Effect of Aerobic Recovery Intensity on Delayed-Onset Muscle Soreness and Strength
Author(s) -
James J. Tufano,
Lee E. Brown,
Jared W. Coburn,
Kavin K.W. Tsang,
Vanessa L. Cazas,
Joe W. LaPorta
Publication year - 2012
Publication title -
journal of strength and conditioning research
Language(s) - English
Resource type - Journals
SCImago Journal Rank - 1.569
H-Index - 128
eISSN - 1533-4287
pISSN - 1064-8011
DOI - 10.1519/jsc.0b013e3182651c06
Subject(s) - isometric exercise , medicine , intensity (physics) , delayed onset muscle soreness , eccentric , muscle strength , physical therapy , anesthesia , muscle damage , physics , quantum mechanics
Because of the performance decrements associated with delayed-onset muscle soreness (DOMS), a treatment to alleviate its symptoms is of great interest.
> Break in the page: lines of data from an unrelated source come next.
-- ===== src/Cache.antt =====
-- internal/relay/cache.go: the LRU cache. `items` is the `container/list` of elements, front first;
-- a pointer to an element is the element's number, and `lookup` maps a key to such a pointer.
-- `removeElement` goes by the pointer, as in the source. Sizes are int64 words.
pub mod Elements
pub mod Invariant
pub mod Recency
pub mod Put
pub mod Reads
pub mod Cleanup
mod Tests
use mathlib.Core.Logic.{ite}
use native.Mathlib.Decide.{ℕ_discrete}
use p2papp.Prelude.{
  ℕ, zero, suc, ◌%◌, Bool, true, false, ◌&&◌, Option, none, some, List, [], ◌∷◌, ◌++◌, map, Str,
  length, word, add64, sub64, lt64, Time, Duration, pos, ltb_ℤ, sub_time, ltb, if◌then◌else◌,
}
use p2papp.Assoc.{Assoc, get, put, remove}

-- `CacheItem`, with the number of the list element that holds it.
pub record Element : Type 0 where
  pub id : ℕ
  pub key : Str
  pub content : List ℕ
  pub size : ℕ
  pub created_at : Time
  pub accessed_at : Time
  pub ttl : Duration

pub record Cache : Type 0 where
  pub capacity : ℕ
  pub current_size : ℕ
  pub items : List Element
  pub lookup : Assoc ℕ
  pub hits : ℕ
  pub misses : ℕ
  pub next_id : ℕ

-- `NewLRUCache`
unfoldable pub new_cache : ℕ → Cache
new_cache capacity = record {
  capacity = capacity;
  current_size = 0;
  items = [];
  lookup = [];
  hits = 0;
  misses = 0;
  next_id = 0;
}

-- The element behind a pointer.
unfoldable pub element_at : ℕ → List Element → Option Element
element_at i [] = none
element_at i (e ∷ es) = ite (ℕ_discrete e.id i) (some e) (element_at i es)

-- The element of a looked-up pointer. A pointer outside the list counts as none: `IsValid` has no
-- such pointer.
abbrev pub deref : Option ℕ → List Element → Option Element
deref none es = none
deref (some i) es = element_at i es

-- `list.Remove`
unfoldable pub list_remove : ℕ → List Element → List Element
list_remove i [] = []
list_remove i (e ∷ es) = ite (ℕ_discrete e.id i) es (e ∷ list_remove i es)

-- `list.Back`
unfoldable pub list_back : List Element → Option Element
list_back [] = none
list_back (e ∷ []) = some e
list_back (e ∷ f ∷ es) = list_back (f ∷ es)

-- `item.TTL > 0 && now.Sub(item.CreatedAt) > item.TTL`
unfoldable pub expired : Time → Element → Bool
expired now e = ltb_ℤ (pos 0) e.ttl && ltb_ℤ e.ttl (sub_time now e.created_at)

-- `removeElement`
unfoldable pub remove_element : Element → Cache → Cache
remove_element e c = record c {
  items = list_remove e.id c.items;
  lookup = remove e.key c.lookup;
  current_size = sub64 c.current_size e.size;
}

-- `Get` once the map has been read; `t1` and `t2` are the two readings of the clock.
unfoldable pub get_at : Option Element → Time → Time → Cache → Cache × Option (List ℕ)
get_at none t1 t2 c = (record c { misses = add64 c.misses 1 }, none)
get_at (some e) t1 t2 c =
    if expired t1 e then (record (remove_element e c) { misses = add64 c.misses 1 }, none) else (
      record c {
        items = record e { accessed_at = t2 } ∷ list_remove e.id c.items;
        hits = add64 c.hits 1;
      },
      some e.content,
    )

-- `Get`
unfoldable pub get_item : Str → Time → Time → Cache → Cache × Option (List ℕ)
get_item key t1 t2 c = get_at (deref (get key c.lookup) c.items) t1 t2 c

-- `evictOldest`
unfoldable pub evict_at : Option Element → Cache → Cache
evict_at none c = c
evict_at (some e) c = remove_element e c

unfoldable pub evict_oldest : Cache → Cache
evict_oldest c = evict_at (list_back c.items) c

-- The test of the eviction loop: `c.currentSize+size > c.capacity && c.items.Len() > 0`
unfoldable pub must_evict : ℕ → Cache → Bool
must_evict size c = lt64 c.capacity (add64 c.current_size size) && ltb 0 (length c.items)

-- The eviction loop, on fuel.
unfoldable pub evict_loop : ℕ → ℕ → Cache → Cache
evict_loop zero size c = c
evict_loop (suc fuel) size c = elim (must_evict size c) [
  | true ↦ evict_loop fuel size (evict_oldest c)
  | false ↦ c
]

-- `if elem, exists := c.lookup[key]; exists { … }` of `PutWithTTL`
unfoldable pub drop_at : Str → Option Element → Cache → Cache
drop_at key none c = c
drop_at key (some e) c = record c {
  current_size = sub64 c.current_size e.size;
  items = list_remove e.id c.items;
  lookup = remove key c.lookup;
}

unfoldable pub drop_existing : Str → Cache → Cache
drop_existing key c = drop_at key (deref (get key c.lookup) c.items) c

-- The end of `PutWithTTL`: `PushFront` allocates an element.
unfoldable pub push_front : Str → List ℕ → ℕ → Duration → Time → Time → Cache → Cache
push_front key content size ttl t1 t2 c = record c {
  items =
      record {
        id = c.next_id;
        key = key;
        content = content;
        size = size;
        created_at = t1;
        accessed_at = t2;
        ttl = ttl;
      }
      ∷ c.items;
  lookup = put key c.next_id c.lookup;
  current_size = add64 c.current_size size;
  next_id = suc c.next_id;
}

-- `PutWithTTL`; the loop's fuel is the number of items, one to a round.
unfoldable pub put_with_ttl : Str → List ℕ → Duration → Time → Time → Cache → Cache
put_with_ttl key content ttl t1 t2 c =
    let size = length content % word in
    let dropped = drop_existing key c in
    let c' = evict_loop (length dropped.items) size dropped in
    if lt64 c'.capacity size then c' else push_front key content size ttl t1 t2 c'

-- `Put`
unfoldable pub put_item : Str → List ℕ → Time → Time → Cache → Cache
put_item key content t1 t2 c = put_with_ttl key content (pos 0) t1 t2 c

-- `Delete`
unfoldable pub delete_at : Option Element → Cache → Cache × Bool
delete_at none c = (c, false)
delete_at (some e) c = (remove_element e c, true)

unfoldable pub delete : Str → Cache → Cache × Bool
delete key c = delete_at (deref (get key c.lookup) c.items) c

-- `Clear`
unfoldable pub clear : Cache → Cache
clear c = record c { items = []; lookup = []; current_size = 0 }

-- `CleanupExpired`: the scan from the back, then the removals.
unfoldable pub to_remove : Time → List Element → List Element
to_remove now [] = []
to_remove now (e ∷ es) = to_remove now es ++ (if expired now e then e ∷ [] else [])

unfoldable pub remove_all : List Element → Cache → Cache
remove_all [] c = c
remove_all (e ∷ es) c = remove_all es (remove_element e c)

unfoldable pub cleanup_expired : Time → Cache → Cache × ℕ
cleanup_expired now c = let stale = to_remove now c.items in (remove_all stale c, length stale)

-- `Keys`
unfoldable pub keys : Cache → List Str
keys c = map (λ (e : Element). e.key) c.items

-- `Contains`
unfoldable pub contains : Str → Cache → Bool
contains key c = elim (get key c.lookup) [ none ↦ false | some i ↦ true ]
The purpose of this study was to investigate the effect of low vs. moderate-intensity aerobic recovery on DOMS and strength. Twenty-six women (22.11 ± 2.49 years; 60.33 ± 8.37 kg; and 163.83 ± 7.29 cm) were split into 3 different groups and performed a DOMS-inducing protocol of 60 eccentric actions of the knee extensors followed by 1 of three 20-minute recovery interventions: moderate-intensity cycling (n = 10), low-intensity cycling (LIC; n = 10), or seated rest (CON; n = 6) after the eccentric protocol. Pain scale (PS), isometric strength (ISO), and dynamic strength (PT) were recorded before (PRE), immediately post (IP), 24- (24h), 48- (48h), 72- (72h), and 96- (96h) hours after exercise. For PT, PRE, 48h, 72h, and 96h were significantly (p < 0.05) greater than IP values but not different from 24h. For PS, IP (4.83 ± 0.36) was greater than that for all other time periods, whereas 24h (2.91 ± 0.42), 48h (2.62 ± 0.53), and 72h (1.97 ± 0.49) were all greater than PRE (0.44 ± 0.19) values. Also, 24h and 48h were not different but were both greater than 72h and 96h (1.13 ± 0.32), whereas 72h was >96h. For ISO, neither CON nor LIC showed any significant difference across time. Moderate-intensity cycling showed no difference between PRE (189.88 ± 40.68), IP (193.75 ± 47.24), 24h (186.52 ± 53.55), or 48h (195.36 ± 55.06), but 72h (210.05 ± 53.57) and 96h (207.78 ± 59.99) were significantly >24h. The 72h was also greater than IP. Therefore, moderate-intensity aerobic recovery may be suggested after eccentric muscle actions.